### PROVIDED RECORDS
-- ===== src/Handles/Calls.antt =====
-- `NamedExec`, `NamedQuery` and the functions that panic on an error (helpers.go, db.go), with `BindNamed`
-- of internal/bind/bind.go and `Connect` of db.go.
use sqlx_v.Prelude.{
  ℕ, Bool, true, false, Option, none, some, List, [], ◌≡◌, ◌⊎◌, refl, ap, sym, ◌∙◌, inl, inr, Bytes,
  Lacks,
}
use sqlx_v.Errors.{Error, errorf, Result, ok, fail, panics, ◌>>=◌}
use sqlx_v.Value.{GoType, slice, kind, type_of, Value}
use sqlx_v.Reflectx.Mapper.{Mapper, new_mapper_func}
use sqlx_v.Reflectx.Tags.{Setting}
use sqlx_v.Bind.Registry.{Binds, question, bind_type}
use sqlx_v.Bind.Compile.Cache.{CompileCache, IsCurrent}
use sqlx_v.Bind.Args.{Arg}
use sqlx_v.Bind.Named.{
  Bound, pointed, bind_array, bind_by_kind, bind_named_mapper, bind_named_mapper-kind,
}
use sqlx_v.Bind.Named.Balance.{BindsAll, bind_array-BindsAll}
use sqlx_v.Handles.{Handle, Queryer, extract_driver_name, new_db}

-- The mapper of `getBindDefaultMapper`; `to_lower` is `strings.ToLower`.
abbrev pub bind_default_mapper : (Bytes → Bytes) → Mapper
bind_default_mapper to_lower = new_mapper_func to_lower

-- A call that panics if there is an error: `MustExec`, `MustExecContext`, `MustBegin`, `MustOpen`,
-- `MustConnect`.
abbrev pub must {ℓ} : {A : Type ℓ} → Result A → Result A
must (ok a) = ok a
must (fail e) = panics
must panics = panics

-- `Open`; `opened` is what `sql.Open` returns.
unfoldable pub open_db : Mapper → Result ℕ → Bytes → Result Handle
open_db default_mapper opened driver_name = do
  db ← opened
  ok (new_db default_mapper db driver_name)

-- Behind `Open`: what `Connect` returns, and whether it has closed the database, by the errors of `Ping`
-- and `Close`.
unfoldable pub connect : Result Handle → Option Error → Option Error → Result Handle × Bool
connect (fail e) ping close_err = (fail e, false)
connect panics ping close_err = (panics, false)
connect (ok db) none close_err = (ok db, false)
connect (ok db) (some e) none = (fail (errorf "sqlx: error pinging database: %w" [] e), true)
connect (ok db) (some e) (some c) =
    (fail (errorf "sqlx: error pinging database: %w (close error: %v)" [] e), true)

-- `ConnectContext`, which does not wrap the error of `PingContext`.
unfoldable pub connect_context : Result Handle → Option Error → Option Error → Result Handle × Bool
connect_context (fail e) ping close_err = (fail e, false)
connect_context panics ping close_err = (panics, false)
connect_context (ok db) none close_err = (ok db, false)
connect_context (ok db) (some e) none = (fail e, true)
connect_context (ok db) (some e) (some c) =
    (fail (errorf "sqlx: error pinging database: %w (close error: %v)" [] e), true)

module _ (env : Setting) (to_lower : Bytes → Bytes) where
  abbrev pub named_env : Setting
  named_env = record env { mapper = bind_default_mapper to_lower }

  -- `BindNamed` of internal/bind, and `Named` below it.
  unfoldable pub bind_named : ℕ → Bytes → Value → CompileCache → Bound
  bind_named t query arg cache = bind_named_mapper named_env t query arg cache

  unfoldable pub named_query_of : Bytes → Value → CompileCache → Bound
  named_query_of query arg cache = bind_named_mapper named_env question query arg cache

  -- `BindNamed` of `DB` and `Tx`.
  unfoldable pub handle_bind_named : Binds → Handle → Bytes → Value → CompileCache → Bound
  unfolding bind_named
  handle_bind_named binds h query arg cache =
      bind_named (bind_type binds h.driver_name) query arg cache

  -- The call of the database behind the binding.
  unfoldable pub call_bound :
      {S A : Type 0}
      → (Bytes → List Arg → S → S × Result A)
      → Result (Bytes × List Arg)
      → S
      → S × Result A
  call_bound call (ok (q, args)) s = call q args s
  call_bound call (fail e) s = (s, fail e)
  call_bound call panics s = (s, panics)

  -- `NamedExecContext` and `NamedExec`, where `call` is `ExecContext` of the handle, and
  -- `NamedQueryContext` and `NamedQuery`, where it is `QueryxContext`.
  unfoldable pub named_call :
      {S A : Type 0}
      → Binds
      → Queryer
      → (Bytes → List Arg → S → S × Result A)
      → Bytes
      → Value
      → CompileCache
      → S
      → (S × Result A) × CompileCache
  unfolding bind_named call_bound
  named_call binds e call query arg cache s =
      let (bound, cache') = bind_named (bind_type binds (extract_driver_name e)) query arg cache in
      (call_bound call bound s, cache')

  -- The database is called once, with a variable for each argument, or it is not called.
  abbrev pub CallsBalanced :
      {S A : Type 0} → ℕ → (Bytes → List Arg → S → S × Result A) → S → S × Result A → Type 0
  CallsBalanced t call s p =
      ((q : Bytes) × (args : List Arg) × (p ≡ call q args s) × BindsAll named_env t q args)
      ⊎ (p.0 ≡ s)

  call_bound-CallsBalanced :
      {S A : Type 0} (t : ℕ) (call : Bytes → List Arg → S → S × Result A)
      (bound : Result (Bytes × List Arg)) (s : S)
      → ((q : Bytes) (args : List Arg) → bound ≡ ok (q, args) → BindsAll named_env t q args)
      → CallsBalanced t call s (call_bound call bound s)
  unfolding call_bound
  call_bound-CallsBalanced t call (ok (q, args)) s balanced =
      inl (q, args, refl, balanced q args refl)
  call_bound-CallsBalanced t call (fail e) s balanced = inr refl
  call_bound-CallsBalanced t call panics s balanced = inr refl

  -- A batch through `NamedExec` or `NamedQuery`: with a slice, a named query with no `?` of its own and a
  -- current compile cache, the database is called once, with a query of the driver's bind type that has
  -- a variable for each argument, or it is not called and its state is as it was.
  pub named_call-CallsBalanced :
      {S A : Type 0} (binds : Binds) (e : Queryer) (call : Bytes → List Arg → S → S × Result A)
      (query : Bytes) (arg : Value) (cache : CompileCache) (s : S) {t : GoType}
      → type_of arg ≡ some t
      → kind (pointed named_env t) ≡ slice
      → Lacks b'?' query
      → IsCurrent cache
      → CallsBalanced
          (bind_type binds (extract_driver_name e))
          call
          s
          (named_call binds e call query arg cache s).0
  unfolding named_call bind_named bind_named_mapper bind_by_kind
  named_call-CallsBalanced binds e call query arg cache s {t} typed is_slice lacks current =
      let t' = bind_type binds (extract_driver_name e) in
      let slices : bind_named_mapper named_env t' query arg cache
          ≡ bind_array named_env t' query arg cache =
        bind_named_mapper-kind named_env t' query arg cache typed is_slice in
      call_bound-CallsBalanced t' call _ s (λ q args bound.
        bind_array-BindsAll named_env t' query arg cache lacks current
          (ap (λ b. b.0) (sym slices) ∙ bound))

### EXERCISE REQUIREMENTS
Every entry above should come back exactly as written.

### RESULT OF THE TASK
-- ===== src/Handles/Calls.antt =====
-- `NamedExec`, `NamedQuery` and the functions that panic on an error (helpers.go, db.go), with `BindNamed`
-- of internal/bind/bind.go and `Connect` of db.go.
use sqlx_v.Prelude.{
  ℕ, Bool, true, false, Option, none, some, List, [], ◌≡◌, ◌⊎◌, refl, ap, sym, ◌∙◌, inl, inr, Bytes,
  Lacks,
}
use sqlx_v.Errors.{Error, errorf, Result, ok, fail, panics, ◌>>=◌}
use sqlx_v.Value.{GoType, slice, kind, type_of, Value}
use sqlx_v.Reflectx.Mapper.{Mapper, new_mapper_func}
use sqlx_v.Reflectx.Tags.{Setting}
use sqlx_v.Bind.Registry.{Binds, question, bind_type}
use sqlx_v.Bind.Compile.Cache.{CompileCache, IsCurrent}
use sqlx_v.Bind.Args.{Arg}
use sqlx_v.Bind.Named.{
  Bound, pointed, bind_array, bind_by_kind, bind_named_mapper, bind_named_mapper-kind,
}
use sqlx_v.Bind.Named.Balance.{BindsAll, bind_array-BindsAll}
use sqlx_v.Handles.{Handle, Queryer, extract_driver_name, new_db}

-- The mapper of `getBindDefaultMapper`; `to_lower` is `strings.ToLower`.
abbrev pub bind_default_mapper : (Bytes → Bytes) → Mapper
bind_default_mapper to_lower = new_mapper_func to_lower

-- A call that panics if there is an error: `MustExec`, `MustExecContext`, `MustBegin`, `MustOpen`,
-- `MustConnect`.
abbrev pub must {ℓ} : {A : Type ℓ} → Result A → Result A
must (ok a) = ok a
must (fail e) = panics
must panics = panics

-- `Open`; `opened` is what `sql.Open` returns.
unfoldable pub open_db : Mapper → Result ℕ → Bytes → Result Handle
open_db default_mapper opened driver_name = do
  db ← opened
  ok (new_db default_mapper db driver_name)

-- Behind `Open`: what `Connect` returns, and whether it has closed the database, by the errors of `Ping`
-- and `Close`.
unfoldable pub connect : Result Handle → Option Error → Option Error → Result Handle × Bool
connect (fail e) ping close_err = (fail e, false)
connect panics ping close_err = (panics, false)
connect (ok db) none close_err = (ok db, false)
connect (ok db) (some e) none = (fail (errorf "sqlx: error pinging database: %w" [] e), true)
connect (ok db) (some e) (some c) =
    (fail (errorf "sqlx: error pinging database: %w (close error: %v)" [] e), true)

-- `ConnectContext`, which does not wrap the error of `PingContext`.
unfoldable pub connect_context : Result Handle → Option Error → Option Error → Result Handle × Bool
connect_context (fail e) ping close_err = (fail e, false)
connect_context panics ping close_err = (panics, false)
connect_context (ok db) none close_err = (ok db, false)
connect_context (ok db) (some e) none = (fail e, true)
connect_context (ok db) (some e) (some c) =
    (fail (errorf "sqlx: error pinging database: %w (close error: %v)" [] e), true)

module _ (env : Setting) (to_lower : Bytes → Bytes) where
  abbrev pub named_env : Setting
  named_env = record env { mapper = bind_default_mapper to_lower }

  -- `BindNamed` of internal/bind, and `Named` below it.
  unfoldable pub bind_named : ℕ → Bytes → Value → CompileCache → Bound
  bind_named t query arg cache = bind_named_mapper named_env t query arg cache

  unfoldable pub named_query_of : Bytes → Value → CompileCache → Bound
  named_query_of query arg cache = bind_named_mapper named_env question query arg cache

  -- `BindNamed` of `DB` and `Tx`.
  unfoldable pub handle_bind_named : Binds → Handle → Bytes → Value → CompileCache → Bound
  unfolding bind_named
  handle_bind_named binds h query arg cache =
      bind_named (bind_type binds h.driver_name) query arg cache

  -- The call of the database behind the binding.
  unfoldable pub call_bound :
      {S A : Type 0}
      → (Bytes → List Arg → S → S × Result A)
      → Result (Bytes × List Arg)
      → S
      → S × Result A
  call_bound call (ok (q, args)) s = call q args s
  call_bound call (fail e) s = (s, fail e)
  call_bound call panics s = (s, panics)

  -- `NamedExecContext` and `NamedExec`, where `call` is `ExecContext` of the handle, and
  -- `NamedQueryContext` and `NamedQuery`, where it is `QueryxContext`.
  unfoldable pub named_call :
      {S A : Type 0}
      → Binds
      → Queryer
      → (Bytes → List Arg → S → S × Result A)
      → Bytes
      → Value
      → CompileCache
      → S
      → (S × Result A) × CompileCache
  unfolding bind_named call_bound
  named_call binds e call query arg cache s =
      let (bound, cache') = bind_named (bind_type binds (extract_driver_name e)) query arg cache in
      (call_bound call bound s, cache')

  -- The database is called once, with a variable for each argument, or it is not called.
  abbrev pub CallsBalanced :
      {S A : Type 0} → ℕ → (Bytes → List Arg → S → S × Result A) → S → S × Result A → Type 0
  CallsBalanced t call s p =
      ((q : Bytes) × (args : List Arg) × (p ≡ call q args s) × BindsAll named_env t q args)
      ⊎ (p.0 ≡ s)

  call_bound-CallsBalanced :
      {S A : Type 0} (t : ℕ) (call : Bytes → List Arg → S → S × Result A)
      (bound : Result (Bytes × List Arg)) (s : S)
      → ((q : Bytes) (args : List Arg) → bound ≡ ok (q, args) → BindsAll named_env t q args)
      → CallsBalanced t call s (call_bound call bound s)
  unfolding call_bound
  call_bound-CallsBalanced t call (ok (q, args)) s balanced =
      inl (q, args, refl, balanced q args refl)
  call_bound-CallsBalanced t call (fail e) s balanced = inr refl
  call_bound-CallsBalanced t call panics s balanced = inr refl

  -- A batch through `NamedExec` or `NamedQuery`: with a slice, a named query with no `?` of its own and a
  -- current compile cache, the database is called once, with a query of the driver's bind type that has
  -- a variable for each argument, or it is not called and its state is as it was.
  pub named_call-CallsBalanced :
      {S A : Type 0} (binds : Binds) (e : Queryer) (call : Bytes → List Arg → S → S × Result A)
      (query : Bytes) (arg : Value) (cache : CompileCache) (s : S) {t : GoType}
      → type_of arg ≡ some t
      → kind (pointed named_env t) ≡ slice
      → Lacks b'?' query
      → IsCurrent cache
      → CallsBalanced
          (bind_type binds (extract_driver_name e))
          call
          s
          (named_call binds e call query arg cache s).0
  unfolding named_call bind_named bind_named_mapper bind_by_kind
  named_call-CallsBalanced binds e call query arg cache s {t} typed is_slice lacks current =
      let t' = bind_type binds (extract_driver_name e) in
      let slices : bind_named_mapper named_env t' query arg cache
          ≡ bind_array named_env t' query arg cache =
        bind_named_mapper-kind named_env t' query arg cache typed is_slice in
      call_bound-CallsBalanced t' call _ s (λ q args bound.
        bind_array-BindsAll named_env t' query arg cache lacks current
          (ap (λ b. b.0) (sym slices) ∙ bound))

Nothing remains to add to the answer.